_WHAT TO PRODUCE_: Take the data below and extract the lines from the one with "digits_onto zero n rest = rest" to the one with "unfolding digits_onto", inclusive, exactly as written.

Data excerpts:
□ □ □ □ □

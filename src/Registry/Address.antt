-- ===== src/Registry/Address.antt =====
-- `Route.Address`: net.JoinHostPort and strconv.Itoa.
use pg_k8s_proxy.Common.{
  ℕ, zero, suc, ℤ, pos, negsuc, ◌+◌, ◌/◌, ◌%◌, Bytes, [], ◌∷◌, ◌++◌, ltb, ◌==◌, if◌then◌else◌, Bool,
  false, ◌||◌,
}

-- The decimal digits of `n`, in front of `rest`, in at most `fuel` rounds.
digits_onto : ℕ → ℕ → Bytes → Bytes
digits_onto zero n rest = rest
digits_onto (suc fuel) n rest =
    let more = digits_onto fuel (n / 10) ((n % 10 + b'0') ∷ rest) in
    if ltb n 10 then (n + b'0') ∷ rest else more

-- A number below 10 ^ 20 has at most 20 digits; the program prints numbers of 32 bits.
unfoldable pub itoa : ℤ → Bytes
unfolding digits_onto
itoa (pos n) = digits_onto 20 n []
itoa (negsuc n) = b'-' ∷ digits_onto 20 (suc n) []

unfoldable pub contains : ℕ → Bytes → Bool
contains c [] = false
contains c (x ∷ xs) = x == c || contains c xs

-- A host with a colon is an IPv6 literal and goes into brackets.
unfoldable pub join_host_port : Bytes → Bytes → Bytes
unfolding contains
join_host_port host port =
    if contains b':' host then b'[' ∷ (host ++ (b']' ∷ b':' ∷ port)) else host ++ (b':' ∷ port)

□ □ □ □ □

_THE ANSWER_:
digits_onto zero n rest = rest
digits_onto (suc fuel) n rest =
    let more = digits_onto fuel (n / 10) ((n % 10 + b'0') ∷ rest) in
    if ltb n 10 then (n + b'0') ∷ rest else more

-- A number below 10 ^ 20 has at most 20 digits; the program prints numbers of 32 bits.
unfoldable pub itoa : ℤ → Bytes
unfolding digits_onto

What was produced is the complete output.